Dorothea Lange is an important person to photography because she

was one of the early documentarian photographers and she helped

influence the genre. Her work helped to humanize the struggles of people

during the Great Depression.

Dorothea Lange was born May 26, 1895 in Hoboken, New Jersey to

Joan Lange Nutzhorn and Henry Martin Nutzhorn, and she had one sibling

named Martin Lange. When she was 7 she contracted polio which left her

right leg and foot disfigured. She said her experience with polio “Formed,

guided, instructed, helped, and humiliated her.” Later in her life she worked

with photographers who gave her tips and taught her different techniques

that she would later use in her photos. She opened her own portrait studio

in 1918, and Married Maynard Dixon with whom she had 2 sons. After the

Great Depression hit she became unhappy with portrait work and decided

to go to the streets of San Francisco and looked for new techniques and

experimented with different elements of her photos.

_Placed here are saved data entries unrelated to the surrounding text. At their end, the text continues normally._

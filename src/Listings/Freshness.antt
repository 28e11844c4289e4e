-- ===== src/Listings/Freshness.antt =====
-- How old a page of the public list can be: `ListProperties` over the page cache,
-- src/listings/application/use_cases/list_properties.py.
use estate_os_service.Base.{
  ℕ, ◌+◌, ◌<◌, String, Time, ◌≡◌, refl, ap, sym, ◌∙◌, Option, none, some, List, [], ◌∷◌, leb,
  or_else, ◌⊎◌, inl, inr, str_eq, eq_iff, arith, Bool-cases, Option-cases,
}
use estate_os_service.Listings.Model.{PropertyFilters, ListCursor}
use estate_os_service.Listings.Store.{Rows}
use estate_os_service.Listings.Cursor.{Codec}
use estate_os_service.Listings.Newest.{IsIn}
use estate_os_service.Listings.Pages.{
  CachedPage, Cache, find_entry, drop_entry, put_entry, cache_get, cache_set, build_list_cache_key,
  fetch_page, list_properties,
}

-- One request, with the time and the rows of the read model when it is served.
pub record Request : Type 0 where
  pub fp : String
  pub filters : PropertyFilters
  pub cursor : Option ListCursor
  pub limit : ℕ
  pub now : Time
  pub rows : Rows

entry_page :
    {Token : Type 0} {a b : CachedPage Token} {t u : Time}
    → Path (Option (CachedPage Token × Time)) (some (a, t)) (some (b, u))
    → a ≡ b
entry_page {Token} {a} {b} {t} {u} h =
    ap
      (λ (o : Option (CachedPage Token × Time)). (or_else {A = CachedPage Token × Time} o (a, t)).0)
      h

entry_time :
    {Token : Type 0} {a b : CachedPage Token} {t u : Time}
    → Path (Option (CachedPage Token × Time)) (some (a, t)) (some (b, u))
    → t ≡ u
entry_time {Token} {a} {b} {t} {u} h =
    ap
      (λ (o : Option (CachedPage Token × Time)). (or_else {A = CachedPage Token × Time} o (a, t)).1)
      h

find-drop_same :
    {Token : Type 0} (k : String) (cache : Cache Token) → find_entry k (drop_entry k cache) ≡ none
find-drop_same k [] = refl
find-drop_same k ((j, e) ∷ d) = ground (arith, find-drop_same k d)

find-drop_same_key :
    {Token : Type 0} (key k : String) (cache : Cache Token)
    → key ≡ k
    → find_entry k (drop_entry key cache) ≡ none
find-drop_same_key key k cache e =
    ap (λ t. find_entry k (drop_entry t cache)) e ∙ find-drop_same k cache

find-drop :
    {Token : Type 0} (key k : String) (cache : Cache Token)
    → (find_entry k (drop_entry key cache) ≡ none)
      ⊎ (find_entry k (drop_entry key cache) ≡ find_entry k cache)
find-drop key k [] = inl refl
find-drop key k ((j, e) ∷ d) = elim (Bool-cases (str_eq j key)) [
  | inl x ↦ elim (Bool-cases (str_eq j k)) [
    | inl y ↦ inl (rw x (find-drop_same_key key k d (sym ((eq_iff j key).0 x) ∙ (eq_iff j k).0 y)))
    | inr y ↦ rw (x, y) (find-drop key k d)
  ]
  | inr x ↦ elim (Bool-cases (str_eq j k)) [
    | inl y ↦ inr (rw (x, y) refl)
    | inr y ↦ rw (x, y) (find-drop key k d)
  ]
]

find-put :
    {Token : Type 0} (key k : String) (e : CachedPage Token × Time) (cache : Cache Token)
    → ((key ≡ k) × (find_entry k (put_entry key e cache) ≡ some e))
      ⊎ (find_entry k (put_entry key e cache) ≡ find_entry k cache)
find-put key k e [] = elim (Bool-cases (str_eq key k)) [
  | inl x ↦ inl ((eq_iff key k).0 x, rw x refl)
  | inr x ↦ inr (rw x refl)
]
find-put key k e ((j, f) ∷ d) = elim (Bool-cases (str_eq j key)) [
  | inl x ↦ elim (Bool-cases (str_eq key k)) [
    | inl y ↦ inl ((eq_iff key k).0 y, rw (x, y) refl)
    | inr y ↦ inr (rw (x, y, ap (λ t. str_eq t k) ((eq_iff j key).0 x) ∙ y) refl)
  ]
  | inr x ↦ elim (Bool-cases (str_eq j k)) [
    | inl y ↦ inr (rw (x, y) refl)
    | inr y ↦ rw (x, y) (find-put key k e d)
  ]
]

module _ {Token : Type 0} (codec : Codec Token) (ttl : ℕ) where
  abbrev pub key_of : Request → String
  key_of r = build_list_cache_key codec r.fp r.cursor r.limit

  -- The page that the request would get without a cache.
  abbrev pub page_of : Request → CachedPage Token
  page_of r = fetch_page codec r.fp r.filters r.cursor r.limit r.rows

  abbrev pub serve : Request → Cache Token → CachedPage Token × Cache Token
  serve r cache = list_properties codec ttl r.fp r.filters r.cursor r.limit r.now r.rows cache

  -- The cache after the requests, the last one first.
  abbrev pub cache_after : List Request → Cache Token
  cache_after [] = []
  cache_after (r ∷ rs) = (serve r (cache_after rs)).1

  -- The page was built for one of the requests, of this key.
  abbrev pub IsFetched : List Request → String → CachedPage Token → Time → Type 0
  IsFetched rs key page expires_at =
      (r : Request) × IsIn r rs × (key_of r ≡ key) × (page_of r ≡ page) × (r.now + ttl ≡ expires_at)

  abbrev pub AreFetched : List Request → Cache Token → Type 0
  AreFetched rs cache =
      (key : String) (page : CachedPage Token) (expires_at : Time)
      → find_entry key cache ≡ some (page, expires_at)
      → IsFetched rs key page expires_at

  older-IsFetched :
      (r : Request) (rs : List Request) (key : String) (page : CachedPage Token) (t : Time)
      → IsFetched rs key page t
      → IsFetched (r ∷ rs) key page t
  older-IsFetched r rs key page t (q, i, k, p, e) = (q, inr i, k, p, e)

  older-AreFetched :
      (r : Request) (rs : List Request) (cache : Cache Token)
      → AreFetched rs cache
      → AreFetched (r ∷ rs) cache
  older-AreFetched r rs cache all key page t h = older-IsFetched r rs key page t (all key page t h)

  drop-AreFetched :
      (key : String) (rs : List Request) (cache : Cache Token)
      → AreFetched rs cache
      → AreFetched rs (drop_entry key cache)
  drop-AreFetched key rs cache all k page t h = elim (find-drop key k cache) [
    | inl e ↦ ground arith
    | inr e ↦ all k page t (sym e ∙ h)
  ]

  put-AreFetched :
      (r : Request) (rs : List Request) (cache : Cache Token)
      → AreFetched rs cache
      → AreFetched (r ∷ rs) (put_entry (key_of r) (page_of r, r.now + ttl) cache)
  put-AreFetched r rs cache all k page t h =
      elim (find-put (key_of r) k (page_of r, r.now + ttl) cache) [
        | inl (e, f) ↦ (r, inl refl, e, entry_page (sym f ∙ h), entry_time (sym f ∙ h))
        | inr e ↦ older-AreFetched r rs cache all k page t (sym e ∙ h)
      ]

  -- A request is served from the cache, or the page is built and stored.
  serve-cases :
      (r : Request) (rs : List Request) (cache : Cache Token)
      → AreFetched rs cache
      → ((page : CachedPage Token) × (t : Time) × (find_entry (key_of r) cache ≡ some (page, t))
          × (r.now < t)
          × (serve r cache ≡ (page, cache)))
        ⊎ ((c : Cache Token) × AreFetched rs c
            × (serve r cache ≡ (page_of r, put_entry (key_of r) (page_of r, r.now + ttl) c)))
  unfolding list_properties cache_get cache_set
  serve-cases r rs cache all = elim (Option-cases (find_entry (key_of r) cache)) [
    | inl e ↦ inr (cache, all, rw e refl)
    | inr ((page, t), e) ↦ elim (Bool-cases (leb t r.now)) [
      | inl old ↦
          inr
            (drop_entry (key_of r) cache, drop-AreFetched (key_of r) rs cache all, rw (e, old) refl)
      | inr new ↦ inl (page, t, e, ground arith, rw (e, new) refl)
    ]
  ]

  serve-AreFetched :
      (r : Request) (rs : List Request) (cache : Cache Token)
      → AreFetched rs cache
      → AreFetched (r ∷ rs) (serve r cache).1
  serve-AreFetched r rs cache all = elim (serve-cases r rs cache all) [
    | inl (page, t, e, new, h) ↦ rw h (older-AreFetched r rs cache all)
    | inr (c, kept, h) ↦ rw h (put-AreFetched r rs c kept)
  ]

  cache_after-AreFetched : (rs : List Request) → AreFetched rs (cache_after rs)
  cache_after-AreFetched [] key page t h = ground arith
  cache_after-AreFetched (r ∷ rs) key page t h =
      serve-AreFetched r rs (cache_after rs) (cache_after-AreFetched rs) key page t h

-- After any requests, the page that a request is served was built for one of them that has its key,
-- less than the time to live before, or for itself.
pub list_properties-fresh :
    {Token : Type 0} (codec : Codec Token) (ttl : ℕ) (r : Request) (rs : List Request)
    → 0 < ttl
    → (q : Request) × IsIn q (r ∷ rs)
      × (key_of codec ttl q ≡ key_of codec ttl r)
      × (page_of codec ttl q ≡ (serve codec ttl r (cache_after codec ttl rs)).0)
      × (r.now < q.now + ttl)
list_properties-fresh codec ttl r rs pos =
    let all = cache_after-AreFetched codec ttl rs in
    elim (serve-cases codec ttl r rs (cache_after codec ttl rs) all) [
      | inl (page, t, e, new, h) ↦
          let (q, i, k, p, u) = all (key_of codec ttl r) page t e in
          (q, inr i, k, p ∙ sym (ap (λ x. x.0) h), rw u new)
      | inr (c, kept, h) ↦ (r, inl refl, refl, sym (ap (λ x. x.0) h), ground arith)
    ]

Later in 1935, Lange was asked to become a photographer for the

FSA on a research project led by Paul Taylor who would later become her

second husband. When she took the photos she ended up using

techniques similar to the style used back in her studio to make the photos
look personal and intimate, and to capture the subject and their story. This

style of photography would develop into Lange’s signature style.


I chose these photos because they showcase Dorothea Lange’s

signature style in capturing the subject and their surroundings and showing

their struggles in a humanizing way.